Xerographica – These lesser-known air-plants are sure to spruce up your space. Unlike other plants, they grow outside of soil and at no time require to be planted. 

  • Light: Bright, direct (this means they are in the rays of the sun), or indirect (simply can see the sky).
  • Water: once a week, soak your xerographica face down in a bowl of lukewarm water for 10 minutes. Allow drying face down for a few hours. 
  • Misting: 3-4 times per week. 
Photo: Unsplash

    

Silver Leaf Philodendron – Similar to its sister plant, the pothos, philodendron are easy-going, communicative vining plants that do great in bright spaces and high up on shelves where they can vine down in all their glory.
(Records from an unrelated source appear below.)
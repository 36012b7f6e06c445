-- ===== src/Issuance/Orders.antt =====
-- When an issuer is asked for a certificate.
use lemur.Prelude.{
  ℕ, String, ◌+◌, not, ◌&&◌, ◌||◌, ◌≡◌, refl, Option, none, some, Option-cases, inl, inr, Bool,
  true, false, List, [], ◌∷◌, ◌++◌, string_eq, nat_eq, if◌then◌else◌, all, arith,
}
use lemur.Prelude.Result.{Result, ok, err}
use lemur.Auth.Permissions.{RoleRef, Account}
use lemur.Auth.Permissions.Grants.{has_role, has_any_role, can-configured, can-authority_permission}
use lemur.Certificates.{validate_no_duplicate_destinations}
use lemur.Directory.{Directory}
use lemur.Issuance.{
  Order, Minted, failed, ordered, signed, Verdict, granted, denied, broken, Site, Db, Trouble,
  Created, certificate, pending_certificate, is_valid_owner, create_minted, create_from, create,
  mint, csr_of,
}
use lemur.Issuance.Post.{
  is_admin_or_global_cert_issuer, is_private_authority, str_role, check_domains, log_created,
  post_checked, may_use, post,
}
use lemur.Issuance.Domains.{is_granted, may_issue, domains, allowed_issuance_is_all}

-- Whether a request is in order: the user is "admin" or "operator" where that is enforced, the owner
-- is valid, the user is "admin" or has a role of the authority, and each domain is granted, but for
-- an "admin", a "global_cert_issuer" and a private authority.
unfoldable pub is_in_order : Site → Account → Order → Directory → Bool
is_in_order w user o d =
    ((not w.config.strict_role_enforcement
        || (has_role "admin" user.roles || has_role "operator" user.roles))
      && is_valid_owner w o.owner)
    && ((has_role "admin" user.roles
          || has_any_role (o.authority.roles ++ str_role d o.authority.owner ∷ []) user.roles)
        && ((has_role "admin" user.roles || has_role "global_cert_issuer" user.roles)
            || (is_private_authority w o.authority
                || all (may_issue w) (domains o.common_name o.names))))

admin_or_global_lem :
    (roles : List RoleRef)
    → is_admin_or_global_cert_issuer roles
      ≡ (has_role "admin" roles || has_role "global_cert_issuer" roles)
unfolding is_admin_or_global_cert_issuer has_role
admin_or_global_lem [] = refl
admin_or_global_lem (r ∷ roles) = ground (arith, admin_or_global_lem roles)

check_domains_lem :
    (w : Site) (user : Account) (o : Order)
    → is_granted (check_domains w user o) ≡ (
        (has_role "admin" user.roles || has_role "global_cert_issuer" user.roles)
        || (is_private_authority w o.authority
            || all (may_issue w) (domains o.common_name o.names)))
unfolding check_domains
check_domains_lem w user o =
    ground (arith, admin_or_global_lem user.roles, allowed_issuance_is_all w o.common_name o.names)

requests-create_minted :
    (w : Site) (creator : ℕ) (o : Order) (m : Minted) (csr : String) (db : Db)
    → (create_minted w creator o m csr db).1.requests ≡ db.requests
unfolding create_minted
requests-create_minted w creator o failed csr db = refl
requests-create_minted w creator o ordered csr db = refl
requests-create_minted w creator o (signed body) csr db = refl

-- Whether there is a request for signing: the order has one, or it can be made.
abbrev pub is_there : Option String → Bool
is_there none = false
is_there (some csr) = true

requests-create_from :
    (w : Site) (creator : ℕ) (o : Order) (db : Db)
    → (create_from w creator o (mint w o) db).1.requests
      ≡ (if is_there (csr_of w o) then db.requests + 1 else db.requests)
unfolding create_from mint
requests-create_from w creator o db = elim (Option-cases (csr_of w o)) [
  | inl e ↦ rw (mint, e) refl
  | inr (csr, e) ↦
      rw (mint, e)
        (requests-create_minted w creator o (w.create_certificate csr) csr
          (record db { requests = db.requests + 1 }))
]

requests-create :
    (w : Site) (creator : ℕ) (o : Order) (db : Db)
    → (create w creator o db).1.requests ≡ (
        if validate_no_duplicate_destinations w.plugins o.destinations && is_there (csr_of w o)
        then db.requests + 1
        else db.requests)
unfolding create
requests-create w creator o db = ground (arith, requests-create_from w creator o db)

requests-log_created : (a : Result Trouble Created × Db) → (log_created a).1.requests ≡ a.1.requests
requests-log_created (err e, db) = refl
requests-log_created (ok (certificate row), db) = refl
requests-log_created (ok (pending_certificate row), db) = refl

requests-post_checked :
    (v : Verdict) (a : Result Trouble Created × Db) (db : Db)
    → (post_checked v a db).1.requests ≡ (if is_granted v then a.1.requests else db.requests)
requests-post_checked granted a db = requests-log_created a
requests-post_checked denied a db = refl
requests-post_checked broken a db = refl

-- An issuer is asked for a certificate exactly when the request is in order, it has a request for
-- signing or one can be made, and `validate_no_duplicate_destinations` accepts its destinations: no
-- two are of one account and of one plugin that takes one certificate per account. It is then asked
-- once.
pub post_asks_once :
    (w : Site) (user : Account) (o : Order) (db : Db)
    → (post w user o db).1.requests ≡ (
        if is_in_order w user o db.directory
          && (validate_no_duplicate_destinations w.plugins o.destinations && is_there (csr_of w o))
        then db.requests + 1
        else db.requests)
unfolding post is_in_order may_use
post_asks_once w user o db = ground (
  arith,
  (can-configured w.principal w.config user).0,
  can-authority_permission w.principal w.str o.authority.id
      (o.authority.roles ++ str_role db.directory o.authority.owner ∷ []) user,
  check_domains_lem w user o,
  requests-create w user.id o db,
  requests-post_checked (check_domains w user o) (create w user.id o db) db,
)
The silver leaf variety is especially unique, with metallic scaling on the leaves! 

  • Light: bright, indirect. 
  • Water: once a week, fully saturate the soil.
  • Misting: 2-3 times per week. 
Photo: Unsplash

Fiddle Leaf Fig – Notorious B.I.G.? More like Notorious F.I.G. These plants are famous for being fickle and can drop leaves or even die on a whim for no good reason. However, get one in a good spot and they can last for decades. Similar to Monsteras, these plants have found their calling through their minimalist aesthetic and popularity among millennials. While they can be absolutely stunning, buyers beware: these plants will break your heart and the bank. 

  • Light: bright, indirect. East or West-facing windows are best. Do not move the Fiddle Leaf Fig once you have placed it, unless to water. They do not tolerate change. 
  • Water: once a week, fully saturate the soil.
  • Misting: once a week, mist any new growth (will bud at the top of the plant) to promote unfurling. Do not over mist. 
 Photo: Unsplash

   

Rubber Tree – A close relative of the Fiddle Leaf Fig is the Rubber Tree. With bold coloring and a far less volatile personality, these trees are great in any size and add substantive depth to any white-washed space. They are more easygoing, less expensive, but sadly will not actually produce you any materials to make rubber — sorry!
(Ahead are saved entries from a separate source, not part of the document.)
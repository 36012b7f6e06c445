-- ===== src/Issuance/Owners.antt =====
-- The role of the owner of what is created.
use lemur.Prelude.{
  ℕ, String, ◌+◌, Bool, true, false, ◌≡◌, refl, ap, Option, none, some, List, [], ◌∷◌, ◌++◌, ◌==◌,
  string_eq, contains, contains-append, arith, eq_iff, Option-cases, Bool-cases, inl, inr,
}
use lemur.Prelude.Result.{Result, ok, err}
use lemur.Prelude.Text.{concat}
use lemur.Prelude.Table.{first, first-append, first_passes}
use lemur.Certificates.{validate_no_duplicate_destinations}
use lemur.Directory.{Role, Directory}
use lemur.Directory.Roles
use lemur.Issuance.{
  Authority, Order, Minted, failed, ordered, signed, Site, Db, Trouble, Created, certificate,
  pending_certificate, name_eq, name_beq_iff, create_certificate_roles, set_of, create_minted,
  create_from, create, mint,
}

contains-set_of :
    (r : Option String) (roles : List (Option String))
    → contains r (set_of roles) ≡ contains r roles
unfolding set_of contains
contains-set_of r [] = refl
contains-set_of r (s ∷ roles) =
    ground
      (arith, contains-set_of r roles, name_beq_iff s r, ap (λ x. contains x roles) {x = s} {y = r})

-- Whether there is a role of the name.
abbrev is_role : Option Role → Bool
is_role none = false
is_role (some r) = true

unfoldable pub has_role_named : String → Directory → Bool
has_role_named name d = is_role (Roles.get_by_name name d)

get_or_create_lem :
    (name description : String) (d : Directory)
    → ((Roles.get_or_create name description d).0.name ≡ name)
      × (has_role_named name (Roles.get_or_create name description d).1 ≡ true)
unfolding Roles.get_or_create Roles.create has_role_named first
get_or_create_lem name description d = elim (Option-cases (Roles.get_by_name name d)) [
  | inl e ↦
      rw (e, Roles.get_or_create)
        (
          refl,
          ground (
            arith,
            first-append (λ (r : Role). r.name == name) d.roles
                (record {
                  id = d.next_role;
                  name = name;
                  description = description;
                  third_party = false;
                }
                  ∷ []),
            e,
            eq_iff name name,
          ),
        )
  | inr (r, e) ↦
      rw (e, Roles.get_or_create)
        (
          (eq_iff r.name name).0 (first_passes (λ (x : Role). x.name == name) d.roles e),
          ap is_role e,
        )
]

roles-owner :
    (owner : String) (authority : Option Authority) (d : Directory)
    → (contains (some owner) (create_certificate_roles owner authority d).0 ≡ true)
      × (has_role_named owner (create_certificate_roles owner authority d).1 ≡ true)
unfolding create_certificate_roles contains
roles-owner owner none d = ground (
  arith,
  get_or_create_lem owner (concat "Auto generated role based on owner: " owner) d,
  eq_iff owner owner,
)
roles-owner owner (some a) d = ground (
  arith,
  get_or_create_lem owner (concat "Auto generated role based on owner: " owner) d,
  eq_iff owner owner,
)

-- What is created has the role of its owner, which is in the directory.
abbrev pub IsOwned : String → Result Trouble Created → Directory → Type 0
IsOwned owner (err e) d = Unit
IsOwned owner (ok (certificate row)) d =
    (contains (some owner) row.roles ≡ true) × (has_role_named owner d ≡ true)
IsOwned owner (ok (pending_certificate row)) d =
    (contains (some owner) row.roles ≡ true) × (has_role_named owner d ≡ true)

owner-set_of :
    (owner : String) (asked roles : List (Option String))
    → contains (some owner) roles ≡ true
    → contains (some owner) (set_of (asked ++ roles)) ≡ true
owner-set_of owner asked roles h =
    ground (
      arith,
      contains-set_of (some owner) (asked ++ roles),
      contains-append (some owner) asked roles,
    )

create_minted-IsOwned :
    (w : Site) (creator : ℕ) (o : Order) (m : Minted) (csr : String) (db : Db)
    → IsOwned o.owner
        (create_minted w creator o m csr db).0
        (create_minted w creator o m csr db).1.directory
unfolding create_minted
create_minted-IsOwned w creator o failed csr db = tt
create_minted-IsOwned w creator o (signed body) csr db =
    let (held, there) = roles-owner o.owner (some o.authority) db.directory in
    (owner-set_of o.owner o.roles _ held, there)
create_minted-IsOwned w creator o ordered csr db =
    let (held, there) = roles-owner o.owner (some o.authority) db.directory in
    (owner-set_of o.owner o.roles _ held, there)

create_from-IsOwned :
    (w : Site) (creator : ℕ) (o : Order) (m : Option (Minted × String)) (db : Db)
    → IsOwned o.owner (create_from w creator o m db).0 (create_from w creator o m db).1.directory
unfolding create_from
create_from-IsOwned w creator o none db = tt
create_from-IsOwned w creator o (some (minted, csr)) db =
    create_minted-IsOwned w creator o minted csr (record db { requests = db.requests + 1 })

-- Whatever roles are asked for, a certificate or pending certificate that is created has among its
-- roles the one named as its owner, and the directory has that role afterwards.
pub create-IsOwned :
    (w : Site) (creator : ℕ) (o : Order) (db : Db)
    → IsOwned o.owner (create w creator o db).0 (create w creator o db).1.directory
unfolding create
create-IsOwned w creator o db =
    elim (Bool-cases (validate_no_duplicate_destinations w.plugins o.destinations)) [
      | inl e ↦ rw e (create_from-IsOwned w creator o (mint w o) db)
      | inr e ↦ rw e tt
    ]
  • Light: bright, indirect. 
  • Water: once a week, fully saturate the soil. 
  • Misting: not necessary. 
  Photo: Unsplash

Yucca Tree – This tree has a slimmer profile than most indoor plants and can tolerate extremely bright sunlight, making it a great option for a slim space next to a big window, like at the end of a couch or next to a television. Its height draws the eye up, making small spaces appear larger. Originally occurring in more desert-like environments, the care for these trees is minimal. 
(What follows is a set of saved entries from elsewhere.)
-- ===== src/Sso.antt =====
-- The roles of a single sign-on login: `create_user_roles` and `update_user` of lemur/auth/views.py.
-- A role of the login is named by its number. The profile has the fields that the two functions read.
pub mod Granted
pub mod Login
pub mod Account
use lemur.Prelude.{
  ℕ, String, Bool, true, false, not, ◌&&◌, ◌||◌, Option, none, some, List, [], ◌∷◌, ◌++◌, ◌==◌,
  string_eq, nat_eq, if◌then◌else◌, contains, any,
}
use lemur.Prelude.Table.{find}
use lemur.Directory.{Role, User, Directory, role_id, log_when}
use lemur.Directory.Roles
use lemur.Directory.Users
use lemur.Directory.Users.{Answer}

-- `google_groups` is none where the provider does not send them.
pub record Profile : Type 0 where
  pub email : String
  pub thumbnail : String
  pub google_groups : Option (List String)

-- The role of that name, created where there is none and marked as one of a third party where it has
-- to be: the steps that `create_user_roles` takes for a group, for the user and for the default role.
abbrev pub group_text : String
group_text = "This is a google group based role created by Lemur"

abbrev pub own_text : String
own_text = "This is a user specific role"

abbrev pub default_text : String
default_text = "This is the default Lemur role."

abbrev pub mark_role : (mark : Bool) → Role × Directory → ℕ × Directory
mark_role mark (role, d) =
    if mark && not role.third_party
    then (role.id, (Roles.set_third_party role true d).1)
    else (role.id, d)

unfoldable pub enter_role :
    (name description : String) → (third_party mark : Bool) → Directory → ℕ × Directory
enter_role name description third_party mark d = mark_role mark (elim (Roles.get_by_name name d) [
  | some role ↦ (role, d)
  | none ↦ Roles.create name description third_party d
])

unfoldable pub enter_groups : List String → Directory → List ℕ × Directory
enter_groups [] d = ([], d)
enter_groups (group ∷ groups) d =
    let (role, d') = enter_role group group_text true (not (group == "admin")) d in
    let (roles, d'') = enter_groups groups d' in (role ∷ roles, d'')

unfoldable pub enter_sent : Option (List String) → Directory → List ℕ × Directory
enter_sent (some groups) d = enter_groups groups d
enter_sent none d = ([], d)

-- The truth of a setting: an empty text counts as none.
abbrev pub given : Option String → Option String
given none = none
given (some name) = if name == "" then none else some name

-- `default_role` is `LEMUR_DEFAULT_ROLE` of the configuration, where it is set.
unfoldable pub create_roles_with :
    (default_role : Option String) → Profile → Directory → List ℕ × Directory
create_roles_with default_role profile d =
    let (groups, d1) = enter_sent profile.google_groups d in
    let (own, d2) = enter_role profile.email own_text true true d1 in
    elim default_role [
      | none ↦ (groups ++ own ∷ [], d2)
      | some name ↦
          let (default, d3) = enter_role name default_text false true d2 in
          (groups ++ own ∷ default ∷ [], d3)
    ]

unfoldable pub create_user_roles :
    (default_role : Option String) → Profile → Directory → List ℕ × Directory
create_user_roles default_role profile d = create_roles_with (given default_role) profile d

unfoldable pub is_third_party : Directory → ℕ → Bool
is_third_party d i = elim (find role_id i d.roles) [ some r ↦ r.third_party | none ↦ false ]

-- The roles that were given in Lemur are added to those of the login.
unfoldable pub keep_own : Directory → (held roles : List ℕ) → List ℕ
keep_own d [] roles = roles
keep_own d (ur ∷ held) roles =
    keep_own d held (if is_third_party d ur then roles else roles ++ ur ∷ [])

-- Whether a role that another login gave is missing now.
unfoldable pub some_lost : Directory → (held roles : List ℕ) → Bool
some_lost d [] roles = false
some_lost d (ur ∷ held) roles =
    if is_third_party d ur
    then not (contains ur roles) || some_lost d held roles
    else some_lost d held (roles ++ ur ∷ [])

unfoldable pub update_user :
    (strict : Bool) → Option User → Profile → List ℕ → Directory → Answer × Directory
update_user strict none profile roles d =
    Users.create strict profile.email profile.email true profile.thumbnail roles d
update_user strict (some u) profile roles d = Users.dropping_answer u (
    Users.update strict u.id profile.email profile.email true profile.thumbnail
      (keep_own d u.roles roles)
      (log_when (some_lost d u.roles roles) "unassign_role" u.username d))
  • Light: bright direct or indirect. 
  • Water: once a week during the summer. Once every other/every third week during the off-season. Fully saturate the soil.
  • Misting: not necessary. 
Photo: Unsplash

Norfolk Pine – Feeling festive all year round? Say hello to the Nordic Fir! This alternative to a Christmas Tree can be dressed up for the holiday season but is a living tree that won’t die come the New Year. Did you know an estimated 30 million Christmas trees are discarded each year? Consider doing some good for the planet with this more sustainable alternative! 

  • Light: bright, indirect. 
  • Water: once a week or every two weeks in the winter. Fully saturate soil. 
  • Misting: not necessary. 

Whether you’re a novice at the plant game or an adventurous, advanced horticulturist looking to level up, you’re sure to find at least one out of this dozen that will do the trick!